Con esta nueva amenaza se hace cada vez más lejana la esperanza de los pequeños y medianos mineros del Chocó, agrupados en la federación Fedemichocó, que por años habían sido extorsionados por las Farc, que su actividad productiva mejore y que el Estado los formalice, como lo prometió el presidente Santos.

Pese a la presencia de los grupos armados en la región tras la salida de las Farc el Estado sí ha llegado a estos territorios mineros, a través de normas y restricciones muy rigurosas para incentivar la formalización y con operativos militares para luchar contra la minería ilegal, pero algunos sectores mineros consideran que esto les ha hecho más daño, que bien.

Para el Chocó la minería es clave por varias razones.

Por un lado, es el principal eslabón económico del departamento -en 2017 representó la quinta parte del PIB luego de la inversión estatal-, junto con la explotación maderera, y es el segundo departamento productor de oro a nivel nacional; además, la minería es además una práctica ancestral de comunidades afro, es decir, tiene una implicación cultural; y por último, como Chocó es un departamento particularmente sensible en materia medio ambiental, la minería tiene un impacto importante.

Pese a las cifras y los incentivos del Gobierno para formalizar la minería en el departamento, el año pasado, la producción cayó. Según el Boletín Económico Regional del Banco de la República, en el último trimestre del 2017 se extrajeron 1472 kilogramos de metales preciosos en el Chocó, 61 por ciento menos de lo registrado en el mismo periodo del 2016.

En total, la producción cayó un 42 por ciento el año pasado y fue la más baja de los últimos ocho años.

Tanto mineros como Gobierno, coinciden en que la formalización y la lucha contra la minería ilegal fueron las razones de la disminución, porque ahora hay muchas más restricciones y prácticas como el ‘lavado de oro’ (legalizar con prácticas corruptas el mineral extraído de forma ilegal) inflaban las cifras de producción.

Pero según nos dijeron seis fuentes mineras del Chocó, estas medidas también han originado otras dinámicas ilegales de producción y comercialización de minerales.

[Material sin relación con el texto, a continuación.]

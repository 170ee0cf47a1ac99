-- ===== src/Takeover/Sound/End.antt =====
-- The requests from the takeover to its end keep a world sound, and move its stage as they may.
use opensurge_fnos.Base.{
  Bool, List, Option, [], arith, false, none, refl, some, subst, sym, true, ◌||◌, ◌∷◌, ◌≡◌,
}
use opensurge_fnos.Exec.{◌>>=◌, ◌>>◌}
use opensurge_fnos.Exec.Rules.{Ensures}
use opensurge_fnos.Takeover.End.{
  ended, handle_abandon_takeover, handle_client_validated, handle_client_validation_skip,
  handle_keep_static_finish, handle_manual_recovery_finish, handle_restore_dhcp,
  handle_router_restored, leave_takeover, manual_note, restore_automatic,
}
use opensurge_fnos.Takeover.Sound.{agrees, stage_warranted}
use opensurge_fnos.Takeover.Sound.Calls.{active_said, answer_told, known_restored, then_restore}
use opensurge_fnos.Takeover.Sound.Moves.{at_constant, at_either, may_move}
use opensurge_fnos.Takeover.Sound.Operations.{
  Ensures-save_and_finish, then_begin, then_check_operation, then_probe, told,
}
use opensurge_fnos.Takeover.Sound.Rules.{
  At, Fact, Moved, Refused, answers, forget, nothing, then_check, then_load, then_need, then_read,
}
use opensurge_fnos.Takeover.Sound.Saves.{Ensures-save}
use opensurge_fnos.Takeover.Stage.{
  is_stage, is_takeover_active, recovery_client_validated, recovery_client_validation_skipped,
  recovery_complete, recovery_complete_static, recovery_gateway_active, recovery_gateway_stopped,
  recovery_mac_static, recovery_router_dhcp_disabled_confirmed, recovery_router_dhcp_restored,
}
use opensurge_fnos.Takeover.Store.{load_recovery, recovery, save_recovery}
use opensurge_fnos.Takeover.Types.{Snapshot, append_recovery_note}
use opensurge_fnos.Takeover.World.{
  ClientAcceptance, File, Outside, Request, abandon_takeover, accept_client, check, finish_manually,
  finish_static, need, refuse, restore_dhcp, skip_validation, verify_router_restored,
}
use opensurge_fnos.Text.{Text}

-- What the request itself says of the router's DHCP.
unfoldable pub fact_of : Request → Fact
fact_of (finish_manually (some true)) = answers
fact_of _ = nothing

confirmed_lem :
    (body : Option Bool) (b : Bool)
    → body ≡ some b
    → b ≡ true
    → fact_of (finish_manually body) ≡ answers
unfolding fact_of
confirmed_lem none b e h = absurd cc
confirmed_lem (some true) b e h = refl
confirmed_lem (some false) b e h = absurd cc

-- An abandonment, by what its probe tells.
leave_takeover-Moves :
    {f : File} (o : Outside) (snapshot : Snapshot) (x : Option (List Text))
    → (let s = (recovery f).stage in
        is_stage recovery_mac_static s || is_stage recovery_router_dhcp_disabled_confirmed s)
      ≡ true
    → Ensures
        (At f (told x))
        (need x 502 "dhcp_probe_failed" >>= leave_takeover o snapshot (recovery f))
        (Moved (may_move abandon_takeover) f)
        (Refused false f)
unfolding need refuse ◌>>=◌ leave_takeover told append_recovery_note ended agrees stage_warranted
    may_move
leave_takeover-Moves {f = f} o snapshot none h = record { at = λ w p. forget f nothing w p }
leave_takeover-Moves o snapshot (some []) h =
    Ensures-save o _ (λ w p. refl) (λ w p. refl) (ground (arith, h))
leave_takeover-Moves o snapshot (some (s ∷ servers)) h =
    then_restore o snapshot.network_service _
      (Ensures-save o _ (λ w p. refl) (λ w p. refl) (ground (arith, h)))

module _ {f : File} (o : Outside) where
  pub handle_client_validated-Moves :
      (body : Option ClientAcceptance)
      → Ensures
          (At f nothing)
          (handle_client_validated o body)
          (Moved (may_move (accept_client body)) f)
          (Refused false f)
  unfolding handle_client_validated agrees may_move is_stage
  handle_client_validated-Moves body = then_load _ (
      then_check _ 409 "recovery_precondition" _ λ h. then_need body 400 "invalid_request" _ λ q hq.
        then_check _ 422 "client_confirmation_required" _ λ h1.
          then_check _ 422 "ipv6_warning_unacknowledged" _ λ h2.
            then_need o.config 400 "config_invalid" _ λ c hc.
              then_check _ 422 "client_acceptance_failed" _ λ h3.
                Ensures-save o _ (λ w p. refl) (active_said f recovery_client_validated h refl)
                  (at_constant
                    (λ s. may_move (accept_client body) s recovery_client_validated ≡ true)
                    recovery_gateway_active _ (ground arith) h refl))

  pub handle_client_validation_skip-Moves :
      (body : Option Bool)
      → Ensures
          (At f nothing)
          (handle_client_validation_skip o body)
          (Moved (may_move (skip_validation body)) f)
          (Refused false f)
  unfolding handle_client_validation_skip append_recovery_note agrees may_move is_stage
  handle_client_validation_skip-Moves body = then_need body 400 "invalid_request" _ λ confirmed hb.
      then_check confirmed 422 "skip_confirmation_required" _ λ h1. then_load _ (
        then_check _ 409 "recovery_precondition" _ λ h.
          Ensures-save o _ (λ w p. refl) (active_said f recovery_client_validation_skipped h refl)
            (at_constant
              (λ s. may_move (skip_validation body) s recovery_client_validation_skipped ≡ true)
              recovery_gateway_active _ (ground arith) h refl))

  pub handle_router_restored-Moves :
      (id : Text)
      → Ensures
          (At f nothing)
          (handle_router_restored o id)
          (Moved (may_move (verify_router_restored id)) f)
          (Refused false f)
  unfolding handle_router_restored agrees stage_warranted is_takeover_active may_move
  handle_router_restored-Moves id = then_load _ (
      then_check _ 409 "recovery_precondition" _ λ h.
        then_need _ 409 "recovery_precondition" _ λ snapshot hs.
          then_begin o id "router-dhcp-restored" _ λ op.
            then_probe o _
              (at_constant (λ s. is_stage recovery_router_dhcp_restored s ≡ false)
                recovery_gateway_stopped _ (ground arith) h refl)
              (then_check_operation _ o op 502 "dhcp_probe_failed" _ λ h1.
                then_check_operation _ o op 409 "router_dhcp_missing" _ λ h2.
                  Ensures-save_and_finish o op _ refl
                    (λ w p. ground (arith, answer_told o.dhcp_servers w.journal h2 p.known))
                    (at_constant
                      (λ s.
                        may_move (verify_router_restored id) s recovery_router_dhcp_restored ≡ true)
                      recovery_gateway_stopped _ (ground arith) h refl)))

  -- A confirmation is the latest word on the router's DHCP.
  pub handle_manual_recovery_finish-Moves :
      (body : Option Bool)
      → Ensures
          (At f (fact_of (finish_manually body)))
          (handle_manual_recovery_finish o body)
          (Moved (may_move (finish_manually body)) f)
          (Refused false f)
  unfolding handle_manual_recovery_finish append_recovery_note ended agrees stage_warranted may_move
  handle_manual_recovery_finish-Moves body = then_need body 400 "invalid_request" _ λ confirmed hb.
      then_check confirmed 422 "manual_confirmation_required" _ λ h1.
        subst
          (λ k.
            Ensures (At f k)
              (load_recovery >>= λ state.
                check (is_stage recovery_gateway_stopped state.stage) 409 "recovery_precondition"
                >> (need state.network_snapshot 409 "recovery_precondition" >>= λ snapshot.
                    restore_automatic o snapshot.network_service
                    >> save_recovery o
                        (ended recovery_complete (append_recovery_note manual_note state))))
              (Moved (may_move (finish_manually body)) f) (Refused false f))
          (sym (confirmed_lem body confirmed hb h1))
          (then_load _ (
            then_check _ 409 "recovery_precondition" _ λ h.
              then_need _ 409 "recovery_precondition" _ λ snapshot hs.
                then_restore o snapshot.network_service _ (
                  Ensures-save o _ (λ w p. refl) (λ w p. refl)
                    (at_constant (λ s. may_move (finish_manually body) s recovery_complete ≡ true)
                      recovery_gateway_stopped _ (ground arith) h refl))))

  pub handle_keep_static_finish-Moves :
      (body : Option Bool)
      → Ensures
          (At f nothing)
          (handle_keep_static_finish o body)
          (Moved (may_move (finish_static body)) f)
          (Refused false f)
  unfolding handle_keep_static_finish append_recovery_note ended agrees stage_warranted may_move
  handle_keep_static_finish-Moves body = then_need body 400 "invalid_request" _ λ confirmed hb.
      then_check confirmed 422 "keep_static_confirmation_required" _ λ h1. then_load _ (
        then_check _ 409 "recovery_precondition" _ λ h.
          then_need _ 409 "recovery_precondition" _ λ snapshot hs.
            Ensures-save o _ (λ w p. refl) (λ w p. refl)
              (at_either (λ s. may_move (finish_static body) s recovery_complete_static ≡ true)
                recovery_gateway_stopped recovery_router_dhcp_restored (recovery f).stage
                (ground arith) (ground arith) h refl refl))

  pub handle_restore_dhcp-Moves :
      Ensures
        (At f nothing)
        (handle_restore_dhcp o)
        (Moved (may_move restore_dhcp) f)
        (Refused false f)
  unfolding handle_restore_dhcp ended agrees stage_warranted may_move
  handle_restore_dhcp-Moves = then_load _ (
      then_check _ 409 "recovery_precondition" _ λ h.
        then_need _ 409 "recovery_precondition" _ λ snapshot hs. known_restored _ h (
          then_restore o snapshot.network_service _ (
            Ensures-save o _ (λ w p. refl) (λ w p. refl)
              (at_constant (λ s. may_move restore_dhcp s recovery_complete ≡ true)
                recovery_router_dhcp_restored _ (ground arith) h refl))))

  pub handle_abandon_takeover-Moves :
      Ensures
        (At f nothing)
        (handle_abandon_takeover o)
        (Moved (may_move abandon_takeover) f)
        (Refused false f)
  unfolding handle_abandon_takeover
  handle_abandon_takeover-Moves = then_read _ (
      then_check _ 409 "recovery_precondition" _ λ h.
        then_need _ 409 "recovery_snapshot_missing" _ λ snapshot hs.
          then_need o.config 400 "config_invalid" _ λ c hc.
            then_check _ 409 "same_wifi_config_required" _ λ h1.
              then_need o.runtime 500 "runtime_state_invalid" _ λ existing he.
                then_check _ 409 "gateway_still_active" _ λ h2.
                  then_probe o _
                    (at_either (λ s. is_stage recovery_router_dhcp_restored s ≡ false)
                      recovery_mac_static recovery_router_dhcp_disabled_confirmed _ (ground arith)
                      (ground arith) h refl refl)
                    (leave_takeover-Moves o snapshot o.dhcp_servers h))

Toda una paradoja, toda vez que mientras los pequeños mineros esperaban mejorar sus condiciones tras la finalización del conflicto con las Farc, aún no ven un aumento en su calidad de vida, sino más restricciones.

Las medidas del Gobierno

Desde el 2016 el Gobierno, en cabeza del Ministerio de Minas y la Agencia Nacional Minera han implementado varias medidas para combatir la minería ilegal, formalizarla y tener más control sobre el origen del oro, que en parte también responde a las exigencias del mercado europeo, según nos dijo el viceministro de Minas, Carlos Cante.  

Él reconoce que esto ha sido posible por la salida de las Farc de muchos territorios porque eso permitió evidenciar más casos de corrupción local de las instituciones, corporaciones, cooperativas e identificar a quienes lavan el oro o promueven la explotación ilícita. Así como ir a los territorios a verificar las condiciones de explotación de oro directamente, hablar con las comunidades y hacer más operativos militares.

Una de esas medidas fue la creación del Registro Único de Comercializadores de Minerales (Rucom), con el que el Gobierno pretende saber quién comercializa el mineral, tener más control de los topes de extracción de minerales y de dónde vienen.

Además, las comercializadoras deben presentar una resolución de capacidad económica que demuestre que son empresas de tradición y que tiene solvencia fiscal para funcionar y así evitar que sean empresas de papel.

Mientras que a los barequeros o mineros artesanales que no usan maquinaria, se les puso un tope de producción de 35 gramos mensuales o 420 gramos anuales, para controlar la legalización de oro ilegal a través de cientos de barequeros que reportaban altas cantidades que no habían sido extraídas por ellos, ni de manera manual.  

“De los 118 mil barequeros registrados antes de 2016, había 8 mil cédulas falsas y de muertos reportando de a 1000, 500, 300 gramos al mes que dejaban ganancias hasta de cien millones de pesos, contando a cien mil pesos el gramo de oro”, le contó el Viceministro a La Silla Pacífico.  

Por ejemplo en Acandí, Chocó, aparecían en el 2014 registrados 5 mil barequeros. Según el Viceministro el entonces alcalde Gabriel Olivares presentó una lista con datos del Sisbén y les habrían pagado de a 30 mil pesos a cada persona por prestar el nombre.

Ahora, con los requisitos más estrictos, en Acandí hay solamente 200 barequeros registrados.

Anteriormente el registro de un minero de subsistencia o barequero lo hacía el Alcalde con solo presentar su cédula.  

Pero a finales del año pasado se exige que los mineros de subsistencia (sin maquinaria y que no necesitan título minero) deben presentar el Rut y eso ha disminuido el número de barequeros registrados ante el Ministerio de Minas.  

De 118 mil en 2016 hoy hay con Rut un poco más de 50 mil a nivel nacional y el Viceministro cree que esos son todos pues el resto eran ‘colados’.  

A eso se suma que en el 2016 un fallo del Consejo de Estado suspendió el decreto 933 que permitía que cualquier minero o empresa minera podía hacer explotación mientras su solicitud de titulación estaba en proceso, pero ahora no podrán y pueden ser capturados.   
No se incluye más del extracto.